INSTRUCTIONS FOR THE TASK – Gather, from the data below, each line in which the word "Type" occurs.

RECORDS FOR THIS EXERCISE –
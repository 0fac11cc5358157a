-- ===== src/Fs.antt =====
-- The file system (fs/).
pub mod Pipe
pub mod Descriptors
pub mod Names
pub mod Directory
pub mod Dcache
pub mod Permission
pub mod Namei
pub mod Bitmap
pub mod Inodes
pub mod Files
pub mod Buffers
pub mod Calls
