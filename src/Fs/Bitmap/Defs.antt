-- ===== src/Fs/Bitmap/Defs.antt =====
-- The maps of one device. Bit `k` of a map is bit k % 8192 of its block k / 8192; `readable` is
-- whether bread() gives a disk block.
use linux.Base.{
  ℕ, zero, suc, ◌+◌, ◌-◌, ◌*◌, ◌/◌, ◌%◌, ◌^◌, Bool, true, false, ◌||◌, Option, none, some, ltb, leb,
  ◌==◌, if◌then◌else◌, update,
}

-- What the code reads of struct super_block.
pub record Super : Type 0 where
  pub imap_blocks : ℕ
  pub zmap_blocks : ℕ
  pub firstdatazone : ℕ
  pub nzones : ℕ

abbrev pub Bits : Type 0
Bits = ℕ → Bool

pub record Maps : Type 0 where
  pub imap : Bits
  pub zmap : Bits
  pub readable : ℕ → Bool

-- BLOCK_SIZE * 8
abbrev pub block_bits : ℕ
block_bits = 8192

-- The inner loop: the first clear bit of `n` from bit `k`.
unfoldable pub first_clear : ℕ → ℕ → Bits → Option ℕ
first_clear zero k bits = none
first_clear (suc n) k bits =
    let rest = first_clear n (suc k) bits in if bits k then rest else some k

abbrev pub or_else : Option ℕ → Option ℕ → Option ℕ
or_else none rest = rest
or_else (some k) rest = some k

-- The outer loop: the first clear bit in `n` blocks from block `i` of a map that starts at disk
-- block `base`. A block that cannot be read is passed over.
unfoldable pub scan_map : ℕ → ℕ → ℕ → Maps → Bits → Option ℕ
scan_map zero i base m bits = none
scan_map (suc n) i base m bits =
    let rest = scan_map n (suc i) base m bits in
    if m.readable (base + i)
    then or_else (first_clear block_bits (i * block_bits) bits) rest
    else rest

abbrev pub zmap_base : Super → ℕ
zmap_base sb = 2 + sb.imap_blocks

abbrev pub taken_zone : Super → Option ℕ → Maps → ℕ × Maps
taken_zone sb none m = (0, m)
taken_zone sb (some k) m = (sb.firstdatazone + k, record m { zmap = update m.zmap k true })

-- new_block(): the zone or 0, and the maps.
unfoldable pub new_block : Option Super → Maps → ℕ × Maps
new_block none m = (0, m)
new_block (some sb) m = taken_zone sb (scan_map sb.zmap_blocks 0 (zmap_base sb) m m.zmap) m

unfoldable pub free_block : Option Super → ℕ → Maps → Maps
free_block none block m = m
free_block (some sb) block m =
    let k = block - sb.firstdatazone in
    if ltb block sb.firstdatazone || leb sb.nzones block
    then m
    else if m.readable (zmap_base sb + k / block_bits)
    then record m { zmap = update m.zmap k false }
    else m

-- free_inode(), by i_dev and i_num; the subtraction is in 32 bits.
unfoldable pub free_inode : Option Super → ℕ → ℕ → Maps → Maps
free_inode none dev num m = m
free_inode (some sb) dev num m =
    let k = (num + (2 ^ 32 - 1)) % 2 ^ 32 in
    if dev == 0
    then m
    else if m.readable (2 + k / block_bits)
    then record m { imap = update m.imap k false }
    else m

abbrev pub taken_inode : Option ℕ → Maps → Option ℕ × Maps
taken_inode none m = (none, m)
taken_inode (some k) m = (some (k + 1), record m { imap = update m.imap k true })

-- new_inode() up to its iget(): the inode number, and the maps.
unfoldable pub claim_inode : Option Super → Maps → Option ℕ × Maps
claim_inode none m = (none, m)
claim_inode (some sb) m = taken_inode (scan_map sb.imap_blocks 0 2 m m.imap) m
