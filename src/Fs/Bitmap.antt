-- ===== src/Fs/Bitmap.antt =====
-- fs/bitmap.c: the maps of zones and inodes in use.
mod Defs
pub mod Scan
pub mod Zones
pub mod Truncate
mod Examples
unfoldable pub use Defs.*
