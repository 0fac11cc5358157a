-- ===== src/Fs/Bitmap/Truncate.antt =====
-- truncate_inode() of fs/inode.c and free_dir_zones() of fs/namei.c: all zones of an inode are given
-- back.
use linux.Base.{
  ℕ, ◌+◌, ◌-◌, ◌/◌, ◌≡◌, ◌≢◌, ◌⊎◌, ◌≤◌, ◌<◌, refl, sym, ap, subst, ◌∙◌, inl, inr, Bool, true, false,
  ◌||◌, Option, none, some, List, [], ◌∷◌, ◌++◌, ltb, leb, ◌==◌, if◌then◌else◌, get_or, take, drop,
  replicate, update, update_self, update_ne, Bool-cases, ==_iff, arith,
}
use native.Mathlib.Decide.{ℕ_discrete}
use linux.Fs.Bitmap.Defs.{Super, Maps, block_bits, zmap_base, free_block}

-- The loop over zone numbers, of which 0 stands for no zone.
unfoldable pub free_listed : Option Super → List ℕ → Maps → Maps
unfolding free_block
free_listed sb [] m = m
free_listed sb (z ∷ zs) m = free_listed sb zs (if z == 0 then m else free_block sb z m)

abbrev pub listed : Option (List ℕ) → List ℕ
listed none = []
listed (some zs) = zs

-- The loops over i_zone[0] to i_zone[6] and, if there is an i_zone[7], over its block, which is
-- `none` where it cannot be read; then the block itself.
unfoldable pub release_zones : Option Super → List ℕ → Option (List ℕ) → Maps → List ℕ × Maps
unfolding free_listed free_block
release_zones sb zones indirect m =
    let z7 = get_or zones 7 0 in
    let direct = free_listed sb (take 7 zones) m in
    if z7 == 0
    then (replicate 7 0 ++ drop 7 zones, direct)
    else (replicate 8 0 ++ drop 8 zones, free_block sb z7 (free_listed sb (listed indirect) direct))

-- `z` is in the list.
abbrev pub In : ℕ → List ℕ → Type 0
In z [] = ⊥
In z (x ∷ xs) = (x ≡ z) ⊎ In z xs

-- A zone of the device whose bit can be read.
abbrev pub OnDevice : Super → Maps → ℕ → Type 0
OnDevice sb m z =
    (sb.firstdatazone ≤ z)
    × (z < sb.nzones)
    × (m.readable (zmap_base sb + (z - sb.firstdatazone) / block_bits) ≡ true)

abbrev pub IsFree : Super → Maps → ℕ → Type 0
IsFree sb m z = m.zmap (z - sb.firstdatazone) ≡ false

module _ (sb : Super) where
  abbrev outside : ℕ → Bool
  outside z = ltb z sb.firstdatazone || leb sb.nzones z

  abbrev bit_readable : Maps → ℕ → Bool
  bit_readable m z = m.readable (zmap_base sb + (z - sb.firstdatazone) / block_bits)

  abbrev freed_bits : Maps → ℕ → Maps
  freed_bits m z = record m { zmap = update m.zmap (z - sb.firstdatazone) false }

  free_block-cases :
      (z : ℕ) (m : Maps)
      → ((free_block (some sb) z m ≡ m) × (OnDevice sb m z → ⊥))
        ⊎ ((free_block (some sb) z m ≡ freed_bits m z) × (sb.firstdatazone ≤ z))
  unfolding free_block
  free_block-cases z m = elim (Bool-cases (outside z)) [
    | inl e ↦ inl ((rw e refl), (λ d. off z e d.0 d.1))
    | inr e ↦ elim (Bool-cases (bit_readable m z)) [
      | inl r ↦ inr ((rw (e, r) refl), ground arith)
      | inr r ↦ inl ((rw (e, r) refl), (λ d. clash d.2 r))
    ]
  ]
    where
      off :
          (z : ℕ)
          → ltb z sb.firstdatazone || leb sb.nzones z ≡ true
          → sb.firstdatazone ≤ z
          → z < sb.nzones
          → ⊥
      off z e a b = ground arith

      clash : {b : Bool} → b ≡ true → b ≡ false → ⊥
      clash a b = let bad : true ≡ false = sym a ∙ b in cc

  free_block_own : (z : ℕ) (m : Maps) → OnDevice sb m z → IsFree sb (free_block (some sb) z m) z
  free_block_own z m d = elim (free_block-cases z m) [
    | inl (e, no_device) ↦ absurd (no_device d)
    | inr (e, low) ↦ rw e (update_self m.zmap (z - sb.firstdatazone) false)
  ]

  free_block_stays : (z y : ℕ) (m : Maps) → IsFree sb m y → IsFree sb (free_block (some sb) z m) y
  free_block_stays z y m h = elim (free_block-cases z m) [
    | inl (e, no_device) ↦ rw e h
    | inr (e, low) ↦ elim (ℕ_discrete (z - sb.firstdatazone) (y - sb.firstdatazone)) [
      | yes same ↦ rw e (
          subst (λ k. update m.zmap (z - sb.firstdatazone) false k ≡ false) same
            (update_self m.zmap (z - sb.firstdatazone) false))
      | no other ↦
          rw e (update_ne m.zmap (z - sb.firstdatazone) (y - sb.firstdatazone) false other ∙ h)
    ]
  ]

  free_block_readable : (z : ℕ) (m : Maps) → (free_block (some sb) z m).readable ≡ m.readable
  free_block_readable z m = elim (free_block-cases z m) [
    | inl (e, no_device) ↦ ap (λ (x : Maps). x.readable) e
    | inr (e, low) ↦ ap (λ (x : Maps). x.readable) e
  ]

  free_listed_stays :
      (zs : List ℕ) (y : ℕ) (m : Maps) → IsFree sb m y → IsFree sb (free_listed (some sb) zs m) y
  unfolding free_listed
  free_listed_stays [] y m h = h
  free_listed_stays (z ∷ zs) y m h = elim (Bool-cases (z == 0)) [
    | inl e ↦ rw (free_listed, e) (free_listed_stays zs y m h)
    | inr e ↦
        rw (free_listed, e)
          (free_listed_stays zs y (free_block (some sb) z m) (free_block_stays z y m h))
  ]

  free_listed_readable :
      (zs : List ℕ) (m : Maps) → (free_listed (some sb) zs m).readable ≡ m.readable
  unfolding free_listed
  free_listed_readable [] m = refl
  free_listed_readable (z ∷ zs) m = elim (Bool-cases (z == 0)) [
    | inl e ↦ rw (free_listed, e) (free_listed_readable zs m)
    | inr e ↦
        rw (free_listed, e)
          (free_listed_readable zs (free_block (some sb) z m) ∙ free_block_readable z m)
  ]

  on_device : (m m' : Maps) (z : ℕ) → m'.readable ≡ m.readable → OnDevice sb m z → OnDevice sb m' z
  on_device m m' z e (a, b, c) =
      (a, b, ap (λ r. r (zmap_base sb + (z - sb.firstdatazone) / block_bits)) e ∙ c)

  -- Every listed zone of the device is free after the loop.
  free_listed_own :
      (zs : List ℕ) (y : ℕ) (m : Maps)
      → In y zs
      → y ≢ 0
      → OnDevice sb m y
      → IsFree sb (free_listed (some sb) zs m) y
  unfolding free_listed
  free_listed_own [] y m there nz d = absurd there
  free_listed_own (z ∷ zs) y m (inl same) nz d =
      let e : z == 0 ≡ false = ground (arith, nz) in
      let own : IsFree sb (free_block (some sb) z m) y =
        subst (λ k. IsFree sb (free_block (some sb) k m) y) (sym same) (free_block_own y m d) in
      rw (free_listed, e) (free_listed_stays zs y (free_block (some sb) z m) own)
  free_listed_own (z ∷ zs) y m (inr there) nz d = elim (Bool-cases (z == 0)) [
    | inl e ↦ rw (free_listed, e) (free_listed_own zs y m there nz d)
    | inr e ↦
        rw (free_listed, e)
          (free_listed_own zs y (free_block (some sb) z m) there nz
            (on_device m (free_block (some sb) z m) y (free_block_readable z m) d))
  ]

  -- Giving back the zones of an inode leaves every zone of the device that it had free: the direct
  -- ones, the indirect one, and, where there is an indirect one whose block was read, those that it
  -- lists. The bits of these zones can be read.
  pub release_zones_lem :
      (zones : List ℕ) (indirect : Option (List ℕ)) (m : Maps) (y : ℕ)
      → y ≢ 0
      → OnDevice sb m y
      → In y (take 7 zones)
        ⊎ ((get_or zones 7 0 ≡ y) ⊎ ((get_or zones 7 0 ≢ 0) × In y (listed indirect)))
      → IsFree sb (release_zones (some sb) zones indirect m).1 y
  unfolding release_zones
  release_zones_lem zones indirect m y nz d had =
      let z7 = get_or zones 7 0 in
      let direct = free_listed (some sb) (take 7 zones) m in
      let deep = free_listed (some sb) (listed indirect) direct in
      let d1 : OnDevice sb direct y =
        on_device m direct y (free_listed_readable (take 7 zones) m) d in
      let d2 : OnDevice sb deep y =
        on_device direct deep y (free_listed_readable (listed indirect) direct) d1 in
      elim (Bool-cases (z7 == 0)) [
        | inl e ↦ rw e (go_short (free_listed_own (take 7 zones) y m) had ((==_iff z7 0).0 e))
        | inr e ↦ rw e (elim had [
          | inl own ↦ free_block_stays z7 y deep (
              free_listed_stays (listed indirect) y direct
                (free_listed_own (take 7 zones) y m own nz d))
          | inr (inl same) ↦
              subst (λ k. IsFree sb (free_block (some sb) k deep) y) (sym same)
                (free_block_own y deep d2)
          | inr (inr (some_block, there)) ↦
              free_block_stays z7 y deep (free_listed_own (listed indirect) y direct there nz d1)
        ])
      ]
    where
      go_short :
          (In y (take 7 zones)
            → y ≢ 0
            → OnDevice sb m y
            → IsFree sb (free_listed (some sb) (take 7 zones) m) y)
          → In y (take 7 zones)
            ⊎ ((get_or zones 7 0 ≡ y) ⊎ ((get_or zones 7 0 ≢ 0) × In y (listed indirect)))
          → get_or zones 7 0 ≡ 0
          → IsFree sb (free_listed (some sb) (take 7 zones) m) y
      go_short own (inl direct) e = own direct nz d
      go_short own (inr (inl same)) e = absurd (nz (sym same ∙ e))
      go_short own (inr (inr (some_block, there))) e = absurd (some_block e)
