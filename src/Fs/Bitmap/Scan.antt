-- ===== src/Fs/Bitmap/Scan.antt =====
-- The scan of a map finds its first clear bit.
use linux.Base.{
  ℕ, zero, suc, ◌+◌, ◌*◌, ◌/◌, ◌≡◌, ◌≢◌, ◌≤◌, ◌<◌, subst, inl, inr, true, false, Option, none, some,
  ltb, Bool-cases, arith,
}
use native.Mathlib.Decide.{ℕ_discrete}
use linux.Fs.Bitmap.Defs.{Maps, Bits, block_bits, first_clear, or_else, scan_map}

-- The first clear bit from `k`, below `top`.
pub record IsFirst (bits : Bits) (k top : ℕ) (r : ℕ) : Type 0 where
  pub low : k ≤ r
  pub high : r < top
  pub is_clear : bits r ≡ false
  pub all_before : (l : ℕ) → k ≤ l → l < r → bits l ≡ true

abbrev pub AllSet : Bits → ℕ → ℕ → Type 0
AllSet bits k top = (l : ℕ) → k ≤ l → l < top → bits l ≡ true

abbrev pub Found : Bits → ℕ → ℕ → Option ℕ → Type 0
Found bits k top none = AllSet bits k top
Found bits k top (some r) = IsFirst bits k top r

pub first_clear-Found : (n k : ℕ) (bits : Bits) → Found bits k (k + n) (first_clear n k bits)
unfolding first_clear
first_clear-Found zero k bits = (λ l a b. absurd (omega arith))
first_clear-Found (suc n) k bits = elim (Bool-cases (bits k)) [
  | inl used ↦
      rw used (shifted_by_one (first_clear n (suc k) bits) used (first_clear-Found n (suc k) bits))
  | inr free ↦ rw free (record {
    low = omega arith;
    high = omega arith;
    is_clear = free;
    all_before = (λ l a b. absurd (omega arith));
  })
]
  where
    shifted_by_one :
        (r : Option ℕ)
        → bits k ≡ true
        → Found bits (suc k) (suc k + n) r
        → Found bits k (k + suc n) r
    shifted_by_one none used h = (λ l a b. elim (ℕ_discrete k l) [
      | yes e ↦ subst (λ i. bits i ≡ true) e used
      | no d ↦ h l (omega arith) (omega arith)
    ])
    shifted_by_one (some r) used h = record {
      low = (let g = h.low in omega arith);
      high = (let g = h.high in omega arith);
      is_clear = h.is_clear;
      all_before = (λ l a b. elim (ℕ_discrete k l) [
        | yes e ↦ subst (λ i. bits i ≡ true) e used
        | no d ↦ h.all_before l (omega arith) b
      ]);
    }

-- The disk block of a map that holds bit `k` can be read.
abbrev pub InReadable : Maps → ℕ → ℕ → Type 0
InReadable m base k = m.readable (base + k / block_bits) ≡ true

-- The first clear bit in the readable blocks of a map from bit `k`, below `top`.
pub record IsFree (m : Maps) (base : ℕ) (bits : Bits) (k top : ℕ) (r : ℕ) : Type 0 where
  pub low : k ≤ r
  pub high : r < top
  pub readable : InReadable m base r
  pub is_clear : bits r ≡ false
  pub all_before : (l : ℕ) → k ≤ l → l < r → InReadable m base l → bits l ≡ true

abbrev pub FreeOrFull : Maps → ℕ → Bits → ℕ → ℕ → Option ℕ → Type 0
FreeOrFull m base bits k top none = (l : ℕ) → k ≤ l → l < top → InReadable m base l → bits l ≡ true
FreeOrFull m base bits k top (some r) = IsFree m base bits k top r

in_block : (i l : ℕ) → i * block_bits ≤ l → l < i * block_bits + block_bits → l / block_bits ≡ i
in_block i l a b = omega arith

module _ (base : ℕ) (m : Maps) (bits : Bits) where
  -- What the scan of the later blocks says, behind a block that says nothing.
  past :
      (n i : ℕ) (r : Option ℕ)
      → ((l : ℕ)
          → i * block_bits ≤ l
          → l < i * block_bits + block_bits
          → InReadable m base l
          → bits l ≡ true)
      → FreeOrFull m base bits (suc i * block_bits) ((suc i + n) * block_bits) r
      → FreeOrFull m base bits (i * block_bits) ((i + suc n) * block_bits) r
  past n i none full h = (λ l a b readable.
      elim (Bool-cases (ltb l (i * block_bits + block_bits))) [
        | inl e ↦ full l a (ground arith) readable
        | inr e ↦ h l (ground arith) (omega arith) readable
      ])
  past n i (some r) full h = record {
    low = (let g = h.low in omega arith);
    high = (let g = h.high in omega arith);
    readable = h.readable;
    is_clear = h.is_clear;
    all_before = (λ l a b readable. elim (Bool-cases (ltb l (i * block_bits + block_bits))) [
      | inl e ↦ full l a (ground arith) readable
      | inr e ↦ h.all_before l (ground arith) b readable
    ]);
  }

  here :
      (n i : ℕ) (o rest : Option ℕ)
      → m.readable (base + i) ≡ true
      → Found bits (i * block_bits) (i * block_bits + block_bits) o
      → FreeOrFull m base bits (suc i * block_bits) ((suc i + n) * block_bits) rest
      → FreeOrFull m base bits (i * block_bits) ((i + suc n) * block_bits) (or_else o rest)
  here n i none rest e full h = past n i rest (λ l a b readable. full l a b) h
  here n i (some r) rest e first h = record {
    low = first.low;
    high = (let g = first.high in omega arith);
    readable = (let q = in_block i r first.low first.high in rw q e);
    is_clear = first.is_clear;
    all_before = (λ l a b readable. first.all_before l a b);
  }

  pub scan_map-FreeOrFull :
      (n i : ℕ)
      → FreeOrFull m base bits (i * block_bits) ((i + n) * block_bits) (scan_map n i base m bits)
  unfolding scan_map
  scan_map-FreeOrFull zero i = (λ l a b readable. absurd (omega arith))
  scan_map-FreeOrFull (suc n) i = elim (Bool-cases (m.readable (base + i))) [
    | inl e ↦ rw e (
        here n i (first_clear block_bits (i * block_bits) bits) (scan_map n (suc i) base m bits) e
          (first_clear-Found block_bits (i * block_bits) bits) (scan_map-FreeOrFull n (suc i)))
    | inr e ↦ rw e (
        past n i (scan_map n (suc i) base m bits)
          (λ l a b readable. absurd (unread i l a b e readable)) (scan_map-FreeOrFull n (suc i)))
  ]
    where
      unread :
          (i l : ℕ)
          → i * block_bits ≤ l
          → l < i * block_bits + block_bits
          → m.readable (base + i) ≡ false
          → m.readable (base + l / block_bits) ≢ true
      unread i l a b e h =
          let q = in_block i l a b in
          let g : m.readable (base + i) ≡ true = subst (λ j. m.readable (base + j) ≡ true) q h in cc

WRITTEN RESPONSE –
pub record Super : Type 0 where
abbrev pub Bits : Type 0
pub record Maps : Type 0 where
abbrev pub In : ℕ → List ℕ → Type 0
abbrev pub OnDevice : Super → Maps → ℕ → Type 0
abbrev pub IsFree : Super → Maps → ℕ → Type 0
pub record IsFirst (bits : Bits) (k top : ℕ) (r : ℕ) : Type 0 where
abbrev pub AllSet : Bits → ℕ → ℕ → Type 0
abbrev pub Found : Bits → ℕ → ℕ → Option ℕ → Type 0
abbrev pub InReadable : Maps → ℕ → ℕ → Type 0
pub record IsFree (m : Maps) (base : ℕ) (bits : Bits) (k top : ℕ) (r : ℕ) : Type 0 where
abbrev pub FreeOrFull : Maps → ℕ → Bits → ℕ → ℕ → Option ℕ → Type 0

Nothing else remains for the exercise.